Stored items
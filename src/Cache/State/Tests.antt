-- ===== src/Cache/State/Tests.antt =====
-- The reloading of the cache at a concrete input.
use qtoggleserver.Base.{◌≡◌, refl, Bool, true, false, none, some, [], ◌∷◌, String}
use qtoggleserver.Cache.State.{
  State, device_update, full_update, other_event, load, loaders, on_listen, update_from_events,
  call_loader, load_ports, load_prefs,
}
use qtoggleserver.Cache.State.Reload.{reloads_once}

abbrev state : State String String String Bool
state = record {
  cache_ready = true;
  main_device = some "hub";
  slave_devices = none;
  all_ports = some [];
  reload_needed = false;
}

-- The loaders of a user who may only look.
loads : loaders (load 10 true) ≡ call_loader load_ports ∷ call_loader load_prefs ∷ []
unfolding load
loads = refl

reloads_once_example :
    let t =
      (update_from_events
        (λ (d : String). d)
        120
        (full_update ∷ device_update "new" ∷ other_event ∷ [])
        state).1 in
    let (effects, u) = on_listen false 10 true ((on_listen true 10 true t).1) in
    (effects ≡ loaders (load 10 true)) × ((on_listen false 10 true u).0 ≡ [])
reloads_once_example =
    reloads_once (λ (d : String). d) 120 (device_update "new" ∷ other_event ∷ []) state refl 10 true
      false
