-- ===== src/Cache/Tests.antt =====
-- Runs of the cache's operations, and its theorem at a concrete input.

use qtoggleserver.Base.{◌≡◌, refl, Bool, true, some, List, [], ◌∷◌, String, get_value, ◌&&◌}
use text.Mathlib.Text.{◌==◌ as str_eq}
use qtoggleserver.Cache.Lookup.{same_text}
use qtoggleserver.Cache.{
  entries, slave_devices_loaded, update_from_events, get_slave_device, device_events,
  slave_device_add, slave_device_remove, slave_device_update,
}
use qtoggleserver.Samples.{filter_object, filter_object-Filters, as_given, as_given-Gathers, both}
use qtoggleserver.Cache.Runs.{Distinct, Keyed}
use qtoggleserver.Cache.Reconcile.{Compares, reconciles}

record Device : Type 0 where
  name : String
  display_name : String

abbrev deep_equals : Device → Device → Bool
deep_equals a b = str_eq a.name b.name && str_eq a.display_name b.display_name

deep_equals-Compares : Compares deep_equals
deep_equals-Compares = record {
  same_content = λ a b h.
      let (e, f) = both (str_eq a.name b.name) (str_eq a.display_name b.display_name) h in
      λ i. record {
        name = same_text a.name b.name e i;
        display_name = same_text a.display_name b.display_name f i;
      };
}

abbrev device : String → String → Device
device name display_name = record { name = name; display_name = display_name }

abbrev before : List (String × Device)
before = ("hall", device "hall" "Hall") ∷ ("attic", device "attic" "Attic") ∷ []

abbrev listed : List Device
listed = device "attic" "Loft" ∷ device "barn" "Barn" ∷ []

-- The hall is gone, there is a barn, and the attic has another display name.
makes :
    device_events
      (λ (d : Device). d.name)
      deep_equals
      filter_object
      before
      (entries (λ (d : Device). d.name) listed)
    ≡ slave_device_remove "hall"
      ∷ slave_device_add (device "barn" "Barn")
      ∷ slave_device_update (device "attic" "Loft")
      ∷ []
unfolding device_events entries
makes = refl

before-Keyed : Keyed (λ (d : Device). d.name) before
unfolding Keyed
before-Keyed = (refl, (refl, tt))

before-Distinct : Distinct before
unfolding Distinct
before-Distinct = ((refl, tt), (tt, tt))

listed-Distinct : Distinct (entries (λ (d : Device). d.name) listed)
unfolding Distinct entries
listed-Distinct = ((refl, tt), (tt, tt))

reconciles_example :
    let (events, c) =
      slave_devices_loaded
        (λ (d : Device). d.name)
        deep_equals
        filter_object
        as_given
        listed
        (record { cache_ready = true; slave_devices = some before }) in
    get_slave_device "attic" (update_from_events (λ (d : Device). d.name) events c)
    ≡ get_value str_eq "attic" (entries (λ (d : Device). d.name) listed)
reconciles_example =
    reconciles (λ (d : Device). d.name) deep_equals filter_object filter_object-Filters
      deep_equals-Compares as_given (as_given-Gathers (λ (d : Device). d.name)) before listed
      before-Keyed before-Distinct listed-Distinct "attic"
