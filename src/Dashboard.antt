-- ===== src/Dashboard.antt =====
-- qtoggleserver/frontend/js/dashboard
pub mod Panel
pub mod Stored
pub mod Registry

* * *

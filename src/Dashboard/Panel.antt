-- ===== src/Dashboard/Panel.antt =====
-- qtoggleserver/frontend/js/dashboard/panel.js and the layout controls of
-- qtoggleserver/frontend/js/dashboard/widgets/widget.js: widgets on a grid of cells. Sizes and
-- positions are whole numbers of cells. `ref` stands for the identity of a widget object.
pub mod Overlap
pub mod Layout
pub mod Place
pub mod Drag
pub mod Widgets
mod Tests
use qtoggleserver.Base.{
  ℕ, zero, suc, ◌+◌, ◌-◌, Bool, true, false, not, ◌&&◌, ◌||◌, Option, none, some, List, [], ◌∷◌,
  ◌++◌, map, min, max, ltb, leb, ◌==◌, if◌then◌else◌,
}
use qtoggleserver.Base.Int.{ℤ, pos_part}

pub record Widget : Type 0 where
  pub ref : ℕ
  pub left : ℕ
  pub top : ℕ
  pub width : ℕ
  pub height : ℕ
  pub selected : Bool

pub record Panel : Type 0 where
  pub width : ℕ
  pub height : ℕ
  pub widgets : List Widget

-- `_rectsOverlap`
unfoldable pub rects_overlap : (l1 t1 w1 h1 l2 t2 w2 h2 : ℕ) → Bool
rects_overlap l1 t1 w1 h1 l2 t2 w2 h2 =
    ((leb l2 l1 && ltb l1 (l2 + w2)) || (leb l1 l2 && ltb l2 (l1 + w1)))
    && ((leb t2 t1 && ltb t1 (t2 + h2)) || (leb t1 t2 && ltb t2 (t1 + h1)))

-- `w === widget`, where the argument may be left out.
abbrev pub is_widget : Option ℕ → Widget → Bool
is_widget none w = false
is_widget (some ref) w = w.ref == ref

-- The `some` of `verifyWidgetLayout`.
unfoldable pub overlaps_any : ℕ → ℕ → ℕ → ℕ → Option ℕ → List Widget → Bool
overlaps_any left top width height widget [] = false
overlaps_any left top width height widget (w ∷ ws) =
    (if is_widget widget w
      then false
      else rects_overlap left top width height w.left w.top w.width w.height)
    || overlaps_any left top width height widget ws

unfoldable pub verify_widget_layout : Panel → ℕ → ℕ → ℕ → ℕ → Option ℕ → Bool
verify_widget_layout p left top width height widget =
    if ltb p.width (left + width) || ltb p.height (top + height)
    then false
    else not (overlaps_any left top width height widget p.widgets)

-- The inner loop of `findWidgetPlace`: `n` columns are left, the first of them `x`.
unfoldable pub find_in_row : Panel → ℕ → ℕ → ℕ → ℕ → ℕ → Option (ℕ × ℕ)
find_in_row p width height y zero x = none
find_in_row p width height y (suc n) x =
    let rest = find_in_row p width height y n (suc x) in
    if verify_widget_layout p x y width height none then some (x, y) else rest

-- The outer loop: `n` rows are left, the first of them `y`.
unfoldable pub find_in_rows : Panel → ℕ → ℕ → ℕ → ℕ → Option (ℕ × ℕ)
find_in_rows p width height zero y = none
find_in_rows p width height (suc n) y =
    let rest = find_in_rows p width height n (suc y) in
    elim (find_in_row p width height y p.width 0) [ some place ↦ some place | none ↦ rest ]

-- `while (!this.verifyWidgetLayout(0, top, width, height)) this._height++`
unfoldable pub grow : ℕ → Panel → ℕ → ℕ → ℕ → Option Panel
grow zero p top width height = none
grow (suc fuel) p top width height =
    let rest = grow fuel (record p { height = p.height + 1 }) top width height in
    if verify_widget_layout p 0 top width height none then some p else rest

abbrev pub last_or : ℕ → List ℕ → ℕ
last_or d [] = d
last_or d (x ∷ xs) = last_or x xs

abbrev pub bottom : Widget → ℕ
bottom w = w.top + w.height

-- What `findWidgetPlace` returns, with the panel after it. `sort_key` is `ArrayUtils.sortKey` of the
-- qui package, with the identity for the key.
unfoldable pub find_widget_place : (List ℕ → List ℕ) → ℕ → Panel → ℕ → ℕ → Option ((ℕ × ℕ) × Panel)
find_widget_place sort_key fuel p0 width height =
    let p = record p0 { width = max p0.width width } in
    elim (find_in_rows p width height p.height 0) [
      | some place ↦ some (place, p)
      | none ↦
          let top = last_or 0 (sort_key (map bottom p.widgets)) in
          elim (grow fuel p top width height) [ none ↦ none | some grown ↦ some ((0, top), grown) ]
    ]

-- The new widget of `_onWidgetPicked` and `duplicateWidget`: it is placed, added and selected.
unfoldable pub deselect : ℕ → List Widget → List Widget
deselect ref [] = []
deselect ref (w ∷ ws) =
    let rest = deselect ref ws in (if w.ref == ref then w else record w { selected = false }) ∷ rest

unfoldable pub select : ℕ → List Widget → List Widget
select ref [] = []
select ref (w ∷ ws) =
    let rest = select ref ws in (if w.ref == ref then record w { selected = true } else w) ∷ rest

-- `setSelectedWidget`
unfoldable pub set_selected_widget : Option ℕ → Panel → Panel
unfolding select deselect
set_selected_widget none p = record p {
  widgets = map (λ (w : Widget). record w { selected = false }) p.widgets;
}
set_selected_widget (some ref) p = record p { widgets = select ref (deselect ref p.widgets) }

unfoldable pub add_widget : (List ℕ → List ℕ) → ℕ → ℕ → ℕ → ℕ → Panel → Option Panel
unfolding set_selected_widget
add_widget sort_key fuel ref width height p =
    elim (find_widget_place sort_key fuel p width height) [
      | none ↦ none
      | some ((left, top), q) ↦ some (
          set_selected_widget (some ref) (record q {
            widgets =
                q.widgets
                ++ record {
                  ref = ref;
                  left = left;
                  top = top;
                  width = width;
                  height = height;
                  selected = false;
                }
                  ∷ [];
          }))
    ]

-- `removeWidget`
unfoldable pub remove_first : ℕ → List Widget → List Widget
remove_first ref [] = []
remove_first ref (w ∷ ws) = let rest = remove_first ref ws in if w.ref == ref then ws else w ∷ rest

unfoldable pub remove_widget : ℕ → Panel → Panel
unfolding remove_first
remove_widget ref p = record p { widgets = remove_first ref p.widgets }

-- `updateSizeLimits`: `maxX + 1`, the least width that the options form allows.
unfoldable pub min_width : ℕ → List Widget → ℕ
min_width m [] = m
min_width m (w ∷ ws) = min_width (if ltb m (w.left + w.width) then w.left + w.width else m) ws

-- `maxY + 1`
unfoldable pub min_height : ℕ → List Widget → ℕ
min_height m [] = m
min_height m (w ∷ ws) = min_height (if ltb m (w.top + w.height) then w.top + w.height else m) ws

==

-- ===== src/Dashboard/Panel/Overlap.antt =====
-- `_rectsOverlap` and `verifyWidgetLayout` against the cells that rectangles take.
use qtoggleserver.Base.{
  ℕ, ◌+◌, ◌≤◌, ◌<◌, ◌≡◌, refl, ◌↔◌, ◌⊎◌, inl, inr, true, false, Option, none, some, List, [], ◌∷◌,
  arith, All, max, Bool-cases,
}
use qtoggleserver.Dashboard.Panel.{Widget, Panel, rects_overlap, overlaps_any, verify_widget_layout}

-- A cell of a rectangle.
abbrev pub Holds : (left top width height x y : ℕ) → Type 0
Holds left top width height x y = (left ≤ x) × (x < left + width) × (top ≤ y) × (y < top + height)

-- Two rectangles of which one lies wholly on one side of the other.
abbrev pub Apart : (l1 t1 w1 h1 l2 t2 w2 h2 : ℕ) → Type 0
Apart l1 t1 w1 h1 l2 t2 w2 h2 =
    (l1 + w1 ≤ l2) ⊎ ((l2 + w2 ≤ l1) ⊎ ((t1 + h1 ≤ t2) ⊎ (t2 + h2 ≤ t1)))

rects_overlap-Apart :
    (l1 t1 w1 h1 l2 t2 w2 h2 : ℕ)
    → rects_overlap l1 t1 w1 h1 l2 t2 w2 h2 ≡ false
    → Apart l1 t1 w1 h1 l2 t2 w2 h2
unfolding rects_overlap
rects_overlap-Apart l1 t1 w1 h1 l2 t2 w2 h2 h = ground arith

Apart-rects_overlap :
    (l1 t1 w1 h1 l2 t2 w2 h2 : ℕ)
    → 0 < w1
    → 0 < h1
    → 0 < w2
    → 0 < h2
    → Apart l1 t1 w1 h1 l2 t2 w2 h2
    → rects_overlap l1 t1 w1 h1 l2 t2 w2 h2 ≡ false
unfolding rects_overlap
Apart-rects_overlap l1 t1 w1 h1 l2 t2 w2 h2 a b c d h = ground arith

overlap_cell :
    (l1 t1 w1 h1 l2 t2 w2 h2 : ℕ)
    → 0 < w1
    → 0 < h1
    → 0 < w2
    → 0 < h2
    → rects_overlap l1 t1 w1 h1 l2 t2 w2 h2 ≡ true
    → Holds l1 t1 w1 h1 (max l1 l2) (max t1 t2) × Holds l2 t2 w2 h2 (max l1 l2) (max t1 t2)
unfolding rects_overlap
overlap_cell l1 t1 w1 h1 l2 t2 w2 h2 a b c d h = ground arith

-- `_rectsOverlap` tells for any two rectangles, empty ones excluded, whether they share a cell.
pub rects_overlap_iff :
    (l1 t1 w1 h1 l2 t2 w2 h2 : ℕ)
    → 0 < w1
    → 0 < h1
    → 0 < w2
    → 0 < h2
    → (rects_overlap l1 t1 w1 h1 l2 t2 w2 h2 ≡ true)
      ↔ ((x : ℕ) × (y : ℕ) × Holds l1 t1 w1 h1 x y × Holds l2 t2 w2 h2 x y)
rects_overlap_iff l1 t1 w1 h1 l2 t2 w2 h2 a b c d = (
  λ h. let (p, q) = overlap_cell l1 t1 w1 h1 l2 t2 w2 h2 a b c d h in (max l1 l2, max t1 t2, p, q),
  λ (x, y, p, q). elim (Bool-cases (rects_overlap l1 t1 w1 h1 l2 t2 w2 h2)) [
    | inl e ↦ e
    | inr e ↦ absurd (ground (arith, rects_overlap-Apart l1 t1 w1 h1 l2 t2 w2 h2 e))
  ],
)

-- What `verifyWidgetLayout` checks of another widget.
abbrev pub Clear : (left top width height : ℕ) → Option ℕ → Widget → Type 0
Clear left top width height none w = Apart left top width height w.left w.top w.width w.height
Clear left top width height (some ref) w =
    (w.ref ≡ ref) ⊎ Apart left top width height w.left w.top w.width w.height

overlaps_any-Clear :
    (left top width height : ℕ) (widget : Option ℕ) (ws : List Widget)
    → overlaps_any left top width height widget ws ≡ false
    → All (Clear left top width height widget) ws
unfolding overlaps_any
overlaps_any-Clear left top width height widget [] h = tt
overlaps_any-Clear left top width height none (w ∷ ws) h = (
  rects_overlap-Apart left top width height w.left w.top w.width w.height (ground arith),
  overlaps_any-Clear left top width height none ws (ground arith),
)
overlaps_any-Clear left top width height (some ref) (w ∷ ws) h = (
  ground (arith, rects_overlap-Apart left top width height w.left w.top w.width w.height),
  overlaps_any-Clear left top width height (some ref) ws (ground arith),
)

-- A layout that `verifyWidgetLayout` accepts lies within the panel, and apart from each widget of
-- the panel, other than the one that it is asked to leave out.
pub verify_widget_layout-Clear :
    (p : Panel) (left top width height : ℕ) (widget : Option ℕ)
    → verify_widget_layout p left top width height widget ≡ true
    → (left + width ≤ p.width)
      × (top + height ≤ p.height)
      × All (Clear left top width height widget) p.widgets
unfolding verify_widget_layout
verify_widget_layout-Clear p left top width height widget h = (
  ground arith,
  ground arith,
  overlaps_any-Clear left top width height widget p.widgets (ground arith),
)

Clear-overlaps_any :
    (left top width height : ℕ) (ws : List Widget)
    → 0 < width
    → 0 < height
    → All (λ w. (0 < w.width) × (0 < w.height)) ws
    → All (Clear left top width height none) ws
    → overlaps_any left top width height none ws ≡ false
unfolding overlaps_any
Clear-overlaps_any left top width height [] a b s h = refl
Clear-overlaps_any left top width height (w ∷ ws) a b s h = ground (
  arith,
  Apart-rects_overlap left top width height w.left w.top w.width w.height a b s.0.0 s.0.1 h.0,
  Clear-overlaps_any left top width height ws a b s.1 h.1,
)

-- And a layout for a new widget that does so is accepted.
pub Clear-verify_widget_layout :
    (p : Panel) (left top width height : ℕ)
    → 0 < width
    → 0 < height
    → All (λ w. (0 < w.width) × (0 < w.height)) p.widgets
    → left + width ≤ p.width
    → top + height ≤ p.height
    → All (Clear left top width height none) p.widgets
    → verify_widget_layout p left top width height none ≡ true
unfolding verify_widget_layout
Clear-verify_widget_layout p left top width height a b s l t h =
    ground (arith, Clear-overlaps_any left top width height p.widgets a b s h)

** About this exercise **
Show every line above in which the word "Type" appears.

** Exercise output **
record Device : Type 0 where
pub record Widget : Type 0 where
pub record Panel : Type 0 where
abbrev pub Holds : (left top width height x y : ℕ) → Type 0
abbrev pub Apart : (l1 t1 w1 h1 l2 t2 w2 h2 : ℕ) → Type 0
abbrev pub Clear : (left top width height : ℕ) → Option ℕ → Widget → Type 0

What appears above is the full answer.